__ U.S. __ (2016), 15-274, Whole Woman's Health v. Hellerstedt

Docket Nº:15-274
Citation:__ U.S. __, 136 S.Ct. 2292, 195 L.Ed.2d 665, 84 U.S.L.W. 4534, 26 Fla.L.Weekly Fed. S 360
Opinion Judge:BREYER, JUSTICE.
Party Name:WHOLE WOMAN'S HEALTH, ET AL., PETITIONERS v. JOHN HELLERSTEDT, COMMISSIONER, TEXAS DEPARTMENT OF STATE HEALTH SERVICES, ET AL
Attorney:Stephanie Toti argued the cause for petitioners. Donald B. Verrilli, Jr. argued the cause for United States, as amicus curiae, by special leave of court. Scott A. Keller argued the cause for respondents.

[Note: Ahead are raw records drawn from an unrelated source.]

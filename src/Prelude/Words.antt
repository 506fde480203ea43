-- ===== src/Prelude/Words.antt =====
-- `uint32` arithmetic: the wrap-around written out, and when it does not happen.
use Prim.Native.Nat.{ℕ, ◌+◌, ◌-◌, ◌*◌, ◌/◌, ◌%◌, ◌^◌, ◌≤◌, ◌<◌}
use mathlib.Core.Path.{◌≡◌}
use native.Mathlib.Omega.{arith}

-- the number of values of a `uint32`
abbrev pub word_mod : ℕ
word_mod = 2 ^ 32

unfoldable pub add32 : ℕ → ℕ → ℕ
add32 a b = (a + b) % word_mod

unfoldable pub sub32 : ℕ → ℕ → ℕ
sub32 a b = (a + word_mod - b) % word_mod

-- `x | 1`
unfoldable pub or_one : ℕ → ℕ
or_one x = x / 2 * 2 + 1

-- `PAGE_SIZE` of inc/mmu.h
abbrev pub page_size : ℕ
page_size = 4096

pub add32_small : (a b : ℕ) → a + b < word_mod → add32 a b ≡ a + b
unfolding add32
add32_small a b h = omega arith

pub sub32_small : (a b : ℕ) → b ≤ a → a < word_mod → sub32 a b ≡ a - b
unfolding sub32
sub32_small a b h k = omega arith

pub or_one_even : (x : ℕ) → x % 2 ≡ 0 → or_one x ≡ x + 1
unfolding or_one
or_one_even x h = omega arith

pub or_one_odd : (x : ℕ) → x % 2 ≡ 1 → or_one x ≡ x
unfolding or_one
or_one_odd x h = omega arith

pub add32-lt : (a b : ℕ) → add32 a b < word_mod
unfolding add32
add32-lt a b = omega arith

pub sub32-lt : (a b : ℕ) → sub32 a b < word_mod
unfolding sub32
sub32-lt a b = omega arith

Judge Panel:BREYER, J., delivered the opinion of the Court, in which KENNEDY, GINSBURG, SOTOMAYOR, and KAGAN, JJ., joined. GINSBURG, J., filed a concurring opinion. THOMAS, J., filed a dissenting opinion. ALITO, J., filed a dissenting opinion, in which ROBERTS, C. J., and THOMAS, J., joined. GINSBURG, JUSTIC...
Case Date:June 27, 2016
Court:United States Supreme Court
SUMMARY

Texas House Bill 2 (2013) required that a “physician performing or inducing an abortion . . . must, on the date [of service], have active admitting privileges at a hospital . . . not further than 30 miles from the” abortion facility, and that the facility meet the state’s “minimum standards . . . for ambulatory surgical centers.” As a basis for enjoining enforcement, the district court found: as enforcement of the admitting-privilege... (see full summary)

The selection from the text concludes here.